CryptoDrop – Technique to Stop Ransomware
Hackers tend to utilise ramsomware to encrypt the computer files, demanding money in exchange for deliverance of those contents. This has become an explosion global issue with insufficient solution; though a team of University of Florida researchers state that it has created a technique of stopping it dead in its tracks. The solution is said to be not in keeping it out of a computer but instead in confronting it once it comes up and counter-intuitively, essentially enabling it to lock up some of the files before clamping down on it.
Nolen Scaife, a UF doctoral student and founding associate of UF’s Florida Institute for Cybersecurity Research, stated that their CryptoDrop system seems to be more of an early warning system. CryptoDrop does not prevent the ransomware from starting, but prevents it from completing its task so that you tend to lose only some of the images or a couple of documents instead of everything that is on the hard drive.
It seems to relieve you of the burden of having to pay the ransom.Scaife is part of a team which has come up with the solution for ramsomware and is called `CryptoDrop’. CryptoDrop tends to work flawlessly with antivirus software.
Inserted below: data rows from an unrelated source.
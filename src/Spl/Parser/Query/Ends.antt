-- ===== src/Spl/Parser/Query/Ends.antt =====
-- When `New` and `Parse` of internal/spl/parser/parser.go return.
use quetzalog.Base.{
  if◌then◌else◌, ℕ, suc, ◌≤◌, Bool, true, false, List, [], ◌∷◌, ◌≡◌, ◌≢◌, ◌↔◌, refl, ap, arith,
  length, codes, Text, Option, none, some, Outcome, ok, err, out_of_fuel, ◌>>=◌, bind-Ended, Ends,
  Ends-bind, Ends-Ended, Ended-Ends, if_rule, inl, inr, atoi,
}
use quetzalog.Spl.Unicode.{Unicode, to_lower}
use quetzalog.Spl.Lexer.{Token, is_name, tokenize, new_lexer, LexError}
use quetzalog.Spl.Lexer.Rounds.{MeetsNegative, Spelled}
use quetzalog.Spl.Lexer.Tokens.{tokenize-Ends, tokenize-MeetsNegative}
use quetzalog.Spl.Ast.{Node, stats, timechart, eventstats, streamstats}
use quetzalog.Spl.Parser.Expression.{ParseError, parse_expr_tokens}
use quetzalog.Spl.Parser.Expression.Sound.{parse_expr_tokens-Ends}
use quetzalog.Spl.Parser.Aggregation.{
  AggParse, first_agg, parse_aggregation_node, take_option, split_by, parse_stats, parse_eventstats,
  parse_timechart, parse_streamstats,
}
use quetzalog.Spl.Parser.Aggregation.Ends.{parse_aggregation_node-Ends}
use quetzalog.Spl.Parser.Commands.Ends.{
  parse_sort-Ended, parse_head-Ended, parse_tail-Ended, parse_dedup-Ended, parse_fields-Ended,
  parse_table-Ended, parse_rename-Ended, parse_rex-Ended, parse_bin-Ended, parse_lookup-Ended,
}
use quetzalog.Spl.Parser.Pipeline.{split_pipes, parse_filter, search_of, parse_search, parse_where}
use quetzalog.Spl.Parser.Query.{
  split_eq_from, eval_of, parse_eval, command, late_command, uncommanded, dispatch, dispatch_all,
  parsed, parse_tokens, parse_lexed, parse_query,
}
use quetzalog.Spl.Parser.Source.{utf8}

expression-Ended : (u : Unicode) (ts : List Token) → parse_expr_tokens u ts ≢ out_of_fuel
expression-Ended u ts =
    Ends-Ended (λ _. Unit {0}) (parse_expr_tokens u ts) (parse_expr_tokens-Ends u ts)

parse_filter-Ended : (u : Unicode) (ts : List Token) → parse_filter u ts ≢ out_of_fuel
parse_filter-Ended u [] = unfold parse_filter in λ h. cc
parse_filter-Ended u (t ∷ ts) =
    unfold parse_filter in
    bind-Ended (parse_expr_tokens u (t ∷ ts)) (λ e. ok (search_of e)) (expression-Ended u (t ∷ ts))
      λ e h. cc

parse_search-Ended : (u : Unicode) (ts : List Token) → parse_search u ts ≢ out_of_fuel
parse_search-Ended u [] = unfold parse_search in parse_filter-Ended u []
parse_search-Ended u (t ∷ ts) =
    unfold parse_search in
    λ h. ground (arith, parse_filter-Ended u ts, parse_filter-Ended u (t ∷ ts))

parse_where-Ended : (u : Unicode) (ts : List Token) → parse_where u ts ≢ out_of_fuel
parse_where-Ended u ts =
    unfold parse_where in bind-Ended (parse_expr_tokens u ts) _ (expression-Ended u ts) λ e h. cc

eval_of-Ended : (o : Option (Text × List Token)) → eval_of o ≢ out_of_fuel
eval_of-Ended none h = cc
eval_of-Ended (some (field, rest)) h = ground arith

parse_eval-Ended : (ts : List Token) → parse_eval ts ≢ out_of_fuel
unfolding parse_eval
parse_eval-Ended [] = λ h. cc
parse_eval-Ended (t ∷ ts) = eval_of-Ended (split_eq_from none 0 0 (t ∷ ts))

node-Ended :
    (u : Unicode) (ts : List Token) (f : AggParse → Node)
    → (parse_aggregation_node u ts >>= λ p. ok (f p)) ≢ out_of_fuel
node-Ended u ts f =
    bind-Ended (parse_aggregation_node u ts) (λ p. ok (f p))
      (Ends-Ended (λ p. length p.aggs ≤ length (split_by u ts).0) (parse_aggregation_node u ts)
        (parse_aggregation_node-Ends u ts))
      λ p h. cc

parse_stats-Ended : (u : Unicode) (ts : List Token) → parse_stats u ts ≢ out_of_fuel
unfolding parse_stats
parse_stats-Ended u ts = node-Ended u ts (λ p. stats p.aggs p.group_by)

parse_eventstats-Ended : (u : Unicode) (ts : List Token) → parse_eventstats u ts ≢ out_of_fuel
unfolding parse_eventstats
parse_eventstats-Ended u ts = node-Ended u ts (λ p. eventstats p.aggs p.group_by)

parse_timechart-Ended : (u : Unicode) (ts : List Token) → parse_timechart u ts ≢ out_of_fuel
unfolding parse_timechart
parse_timechart-Ended u ts =
    let (span, rest) = take_option u (codes "span") [] ts in
    node-Ended u rest (λ p. timechart (first_agg p.aggs) span p.group_by)

parse_streamstats-Ended : (u : Unicode) (ts : List Token) → parse_streamstats u ts ≢ out_of_fuel
unfolding parse_streamstats
parse_streamstats-Ended u ts =
    let (window, rest) = take_option u (codes "window") [] ts in
    node-Ended u rest (λ p. streamstats p.aggs p.group_by (atoi window).0)

-- A command that is found ends: by the entry of the table, or by those behind it.
found-Ended :
    (b : Bool) (x m : Outcome ParseError Node) (more : Option (Outcome ParseError Node))
    → x ≢ out_of_fuel
    → (more ≡ some m → m ≢ out_of_fuel)
    → (if b then some x else more) ≡ some m
    → m ≢ out_of_fuel
found-Ended true x m more h k e = λ c. h (cc)
found-Ended false x m more h k e = k e

module _ (u : Unicode) (word : Text) (ts : List Token) (m : Outcome ParseError Node) where
  late_command-Ended : late_command u word ts ≡ some m → m ≢ out_of_fuel
  unfolding late_command
  late_command-Ended found h = ground (
    arith,
    parse_dedup-Ended ts,
    parse_rex-Ended u ts,
    parse_bin-Ended u ts,
    parse_lookup-Ended u ts,
    parse_eventstats-Ended u ts,
    parse_streamstats-Ended u ts,
  )

  command-Ended : command u word ts ≡ some m → m ≢ out_of_fuel
  unfolding command
  command-Ended = found-Ended _ _ m _ (parse_search-Ended u ts) (
      found-Ended _ _ m _ (parse_where-Ended u ts) (
        found-Ended _ _ m _ (parse_eval-Ended ts) (
          found-Ended _ _ m _ (parse_fields-Ended ts) (
            found-Ended _ _ m _ (parse_table-Ended ts) (
              found-Ended _ _ m _ (parse_rename-Ended u ts) (
                found-Ended _ _ m _ (parse_stats-Ended u ts) (
                  found-Ended _ _ m _ (parse_timechart-Ended u ts) (
                    found-Ended _ _ m _ (parse_sort-Ended u ts) (
                      found-Ended _ _ m _ (parse_head-Ended ts)
                        (found-Ended _ _ m _ (parse_tail-Ended ts) late_command-Ended))))))))))

module _ (u : Unicode) (input : List ℕ) where
  uncommanded-Ended :
      (first : Bool) (t : Token) (ts : List Token) → uncommanded u input first t ts ≢ out_of_fuel
  unfolding uncommanded
  uncommanded-Ended true t ts = parse_search-Ended u (t ∷ ts)
  uncommanded-Ended false t ts = λ h. cc

  dispatch-Ended : (first : Bool) (g : List Token) → dispatch u input first g ≢ out_of_fuel
  unfolding dispatch
  dispatch-Ended first [] = λ h. cc
  dispatch-Ended first (t ∷ ts) =
      if_rule (λ m. m ≢ out_of_fuel) (is_name t.kind)
        (elim (command u (to_lower u t.value) ts) [
          | none ↦ uncommanded u input first t ts
          | some node ↦ node
        ])
        (uncommanded u input first t ts)
        (λ _.
          of_command (command u (to_lower u t.value) ts) (command-Ended u (to_lower u t.value) ts))
        (λ _. uncommanded-Ended first t ts)
    where
      of_command :
          (o : Option (Outcome ParseError Node))
          → ((m : Outcome ParseError Node) → o ≡ some m → m ≢ out_of_fuel)
          → elim o as (λ _. Outcome ParseError Node) [
            | none ↦ uncommanded u input first t ts
            | some node ↦ node
          ]
            ≢ out_of_fuel
      of_command none h = uncommanded-Ended first t ts
      of_command (some m) h = h m refl

  dispatch_all-Ends :
      (first : Bool) (gs : List (List Token))
      → Ends (λ ns. length ns ≡ length gs) (dispatch_all u input first gs)
  unfolding dispatch_all
  dispatch_all-Ends first [] = refl
  dispatch_all-Ends first (g ∷ gs) =
      Ends-bind (λ _. Unit {0}) (λ ns. length ns ≡ length (g ∷ gs)) (dispatch u input first g) _
        (Ended-Ends (λ _. Unit {0}) (dispatch u input first g) (dispatch-Ended first g) (λ _. tt))
        λ n _.
          Ends-bind (λ ns. length ns ≡ length gs) (λ ns. length ns ≡ length (g ∷ gs))
            (dispatch_all u input false gs) _ (dispatch_all-Ends false gs) λ ns h. ap suc h

  -- `Parse` ends on every list of tokens, with an error or with one command for each stage.
  pub parse_tokens-Ends :
      (ts : List Token) → Ends (λ ns. length ns ≡ length (split_pipes ts)) (parse_tokens u input ts)
  unfolding parse_tokens
  parse_tokens-Ends ts = dispatch_all-Ends true (split_pipes ts)

parse_lexed-Ends :
    (u : Unicode) (input : Text) (P : List Token → Type 0) (m : Outcome LexError (List Token))
    → Ends P m
    → parse_lexed u input m ≢ out_of_fuel
parse_lexed-Ends u input P (ok ts) h = parsed-Ended (parse_tokens u (utf8 input) ts) (
    Ends-Ended (λ ns. length ns ≡ length (split_pipes ts)) (parse_tokens u (utf8 input) ts)
      (parse_tokens-Ends u (utf8 input) ts))
  where
    parsed-Ended : (m : Outcome ParseError (List Node)) → m ≢ out_of_fuel → parsed m ≢ out_of_fuel
    parsed-Ended (ok ns) h = λ c. cc
    parsed-Ended (err e) h = λ c. cc
    parsed-Ended out_of_fuel h = λ _. h refl
parse_lexed-Ends u input P (err e) h = λ c. cc
parse_lexed-Ends u input P out_of_fuel h = λ _. h

-- `New` and `Parse` return, with commands or with an error, on exactly those inputs on which the
-- scanner comes to no negative number.
pub parse_query-MeetsNegative :
    (u : Unicode) (input : Text)
    → (parse_query u input ≡ out_of_fuel) ↔ MeetsNegative u (new_lexer input)
parse_query-MeetsNegative u input = (stops, diverges)
  where
    stops : parse_query u input ≡ out_of_fuel → MeetsNegative u (new_lexer input)
    stops h = elim (tokenize-Ends u input (suc (length input)) (omega arith)) [
      | inl m ↦ m
      | inr ends ↦ absurd (
          parse_lexed-Ends u input (Spelled 0 input) (tokenize (suc (length input)) u input) ends
            (unfold parse_query in h))
    ]

    diverges : MeetsNegative u (new_lexer input) → parse_query u input ≡ out_of_fuel
    diverges m = unfold parse_query in rw (tokenize-MeetsNegative u input (suc (length input)) m)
CryptoDrop: Solution Better than Traditional Anti-Viruses
Scaife states that these attacks are tailored and unique each time they seem to get installed on a users’ system. Antivirus seems good at preventing things it’s seen before and that is where their solution is better than the traditional anti-viruses. If something which is benign begins to behave maliciously, then what can be done is to take action against that based on what is seen happening to your data.
Hence we can stop for instance, all of the images from being encrypted. Ransomware attacks has become one of the most serious issues in the digital world and the FBI had issued warning in May stating the number of attacks had become double in the past year and anticipates to increase even more speedily this year. It had received over 2,400 complaints last year with estimated losses at $24 billion last year for individuals as well as businesses, from such attacks.
The assailants seem to be typically shadowy figures from other countries prowling on the Dark Web and difficult to locate. The victims comprise of not only individuals but also governments, health care providers, industry, educational institutions as well as financials units.
Easy Way of Monetizing Bad Use of Software
The assailants tend to show up in the form of an email which seems to appear to be coming from some familiar contacts. The recipients tend to click on a link in the email and without being aware releases malware which encrypts their data. This is then followed by a message demanding the ransom, which could be from a few hundred to a few thousand dollars.
An associate professor in UF’s department of computer and information science and engineering at UF as well as a member of the Florida Institute for Cybersecurity Research, Patrick Traynor commented that it is an incredibly easy way of monetizing a bad use of software.
He along with Scaife had worked together in the development of CryptoDrop. Some of the companies have resigned themselves to that certainty and budgeted money to cover ransoms that is usually paid in Bitcoin, which is a digital currency that challenges tracing.